Price is the key determinant of the revenue earned and the final payment made to tea farmers.

The earned dollars are converted to shillings at the prevailing exchange rate, and invested in interest-earning accounts with commercial banks.

This occurs at different times and at different rates, depending on the prevailing interest rates in the market and amount of funds available for investment.

The price realised, volume of the made tea sold, as well as interest earnings are, therefore, the major contributors to the total revenues made by individual factory companies.

On the operating expenses side, the key cost drivers are labour, electricity, wood fuel, financing costs (interest on loans and depreciation), administrative costs and other expenses incurred in the ordinary course of business.

There are factory companies with no loans to service at all and yet others have heavy loan obligations, as they have newly constructed factories or expansions to enhance processing capacities, mini-hydro projects or wood fuel plantation projects.

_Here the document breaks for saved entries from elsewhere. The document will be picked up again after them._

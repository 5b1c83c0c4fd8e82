-- ===== src/Contract/Consistent/Writes.antt =====
-- contracts/stream/src/lib.rs and storage.rs, the writes of the entry points: the consistency of the
-- storage.
use sorostream_contracts.Prelude.{ℕ, ◌≡◌, refl, ap, sym, ◌∙◌, subst, none, some, update}
use sorostream_contracts.Prelude.Int.{ℤ}
use sorostream_contracts.Types.{Stream, overflow}
use sorostream_contracts.Call.{modify, ◌>>=◌, ◌>>◌}
use sorostream_contracts.Call.Rules.{
  Ensures, Ensures-bind, Ensures-weaken, Ensures-modify, Ensures-or_err, Ensures-or_panic,
  Ensures-gets, Ensures-modify_last, Ensures-pure,
}
use sorostream_contracts.Call.Unchanged.{Unchanged}
use sorostream_contracts.Env.{World, Exec, Slots}
use sorostream_contracts.Storage.Streams.{save_stream, remove_stream}
use sorostream_contracts.Storage.Index.{
  index_by_sender, index_by_recipient, unindex_by_sender, unindex_by_recipient, append_id,
}
use sorostream_contracts.Contract.Payment.{add_withdrawn}
use sorostream_contracts.Contract.Frames.{Core, core_of, streams_of}
use sorostream_contracts.Contract.Consistent.{
  IsConsistent, Stores, SameParties, ConsistentAfter, Claimed,
}
use sorostream_contracts.Contract.Consistent.Cores.{saved, dropped, added, handed_over}

module _ {C : Type 0} where
  pub save_stream-IsConsistent :
      (id : ℕ) (s t : Stream) (w : World C)
      → Stores id s (core_of w)
      → SameParties s t
      → IsConsistent (core_of (save_stream t w))
  unfolding save_stream
  save_stream-IsConsistent id s t w (h, found) same = saved (core_of w) h id s t found same

  pub remove_stream-IsConsistent :
      (id : ℕ) (s : Stream) (w : World C)
      → Stores id s (core_of w)
      → IsConsistent (
          core_of (
            unindex_by_recipient s.recipient id
              (unindex_by_sender s.sender id (remove_stream id w))))
  unfolding remove_stream unindex_by_sender unindex_by_recipient
  remove_stream-IsConsistent id s w (h, found) = dropped (core_of w) h id s found

  -- A stream with a free identifier is stored and entered in both lists.
  pub store-IsConsistent :
      {B : Type 0} {n : Exec C B} {Q : B → World C → Type 0} (t : Stream) (w : World C)
      → IsConsistent (core_of w)
      → streams_of w t.id ≡ none
      → ((w' : World C)
          → IsConsistent (core_of w')
          → streams_of w' ≡ update (streams_of w) t.id (some t)
          → Ensures n w' Q)
      → Ensures
          (modify (save_stream t)
            >> (index_by_sender t.sender t.id >> (index_by_recipient t.recipient t.id >> n)))
          w
          Q
  unfolding save_stream index_by_sender index_by_recipient
  store-IsConsistent t w h free next = Ensures-modify _ (
      Ensures-bind
        (λ _ w₁.
          (a : Slots) × (append_id w.pers.by_sender t.sender t.id ≡ some a)
          × (core_of w₁ ≡ record (core_of (save_stream t w)) { by_sender = a }))
        (Ensures-gets _ _ (Ensures-or_panic λ a listed. Ensures-modify_last _ (a, listed, refl)))
        λ _ w₁ (a, listed, e₁).
          Ensures-bind
            (λ _ w₂.
              (b : Slots) × (append_id w.pers.by_recipient t.recipient t.id ≡ some b)
              × (core_of w₂
                  ≡ record (core_of (save_stream t w)) { by_sender = a; by_recipient = b }))
            (Ensures-gets _ _ (
              Ensures-or_panic λ b listed'.
                let same = ap (λ c. c.by_recipient) e₁ in
                Ensures-modify_last _ (
                  b,
                  ap (λ x. append_id x t.recipient t.id) (sym same) ∙ listed',
                  ap {A = Core} (λ c. record c { by_recipient = b }) e₁,
                )))
            λ _ w₂ (b, listed', e₂).
              next w₂ (subst IsConsistent (sym e₂) (added (core_of w) h t free listed listed'))
                (ap (λ c. c.streams) e₂))

  -- A stream is saved with another recipient, and its identifier moves from one list to the other.
  pub hand_over-IsConsistent :
      {B : Type 0} {n : Exec C B} {Q : B → World C → Type 0} (id : ℕ) (s t : Stream) (w : World C)
      → Stores id s (core_of w)
      → t.id ≡ s.id
      → t.sender ≡ s.sender
      → ((w' : World C) → IsConsistent (core_of w') → Ensures n w' Q)
      → Ensures
          (modify (save_stream t)
            >> (modify (unindex_by_recipient s.recipient id)
                >> (index_by_recipient t.recipient id >> n)))
          w
          Q
  unfolding save_stream unindex_by_recipient index_by_recipient
  hand_over-IsConsistent id s t w (h, found) same_id same_sender next = Ensures-modify _ (
      Ensures-modify _ (
        Ensures-bind ConsistentAfter
          (Ensures-gets _ _ (
            Ensures-or_panic λ b listed.
              Ensures-modify_last _
                (handed_over (core_of w) h id s t found same_id same_sender listed)))
          λ _ w₁ h₁. next w₁ h₁))

module _ {C A B : Type 0} where
  -- A step that leaves the core alone keeps what is known of it.
  pub keep :
      {m : Exec C A} {f : A → Exec C B} {w : World C} {Q : B → World C → Type 0} (P : Core → Type 0)
      → Unchanged core_of m
      → P (core_of w)
      → ((a : A) (w' : World C) → P (core_of w') → Ensures (f a) w' Q)
      → Ensures (m >>= f) w Q
  keep {w} P k h next =
      Ensures-bind (λ a w'. P (core_of w')) (Ensures-weaken (k.at w) (λ a w' e. subst P (sym e) h))
        next

pub add_withdrawn-Claimed :
    {C : Type 0} (s : Stream) (n : ℤ) (w : World C) → Ensures (add_withdrawn s n) w (Claimed s w)
unfolding add_withdrawn
add_withdrawn-Claimed s n w =
    Ensures-or_err overflow λ total p. Ensures-pure _ ((refl, refl, refl), refl)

The cost and availability of wood fuel, which is a major input cost in factory operations, differs greatly from factory to factory.

With these in mind, it is therefore clear that it is not practically possible to pay a uniform rate across all factory companies, as each factory is a limited liability company operating independently.

In the just-ended financial year, average costs stood at an average of 25 per cent of the total income generated by the factories.

Thus, farmers will be paid an average of 75 per cent of the income, which works out to a total payment of Sh61.99 billion, a 43 per cent increase from the previous year.

This is the best performance we have achieved so far in the history of the smallholder tea sub-sector.

The current business model for smallholder tea farmers in Kenya is an international case study on how to empower smallholder farmers to successfully govern and manage their own affairs. This very successful model should be jealously safeguarded in the interest of Kenyan tea farmers.

What do you think fuelled the dissatisfaction with the payout, particularly in Thumaita, Gianchore and Tombe tea factories?

There were false final payment figures circulating on social media in July this year purporting to be this year’s bonus. This misinformation fuelled the events that took place in these factories.

There is normally intense competition between factory companies in the same zones. We have been informed that some farmers were unhappy with their individual factory positions in their zones, while others were incited by individuals desirous of wrecking our otherwise successful tea business.

It is difficult to understand what they would gain by destroying a very successful farmer enterprise.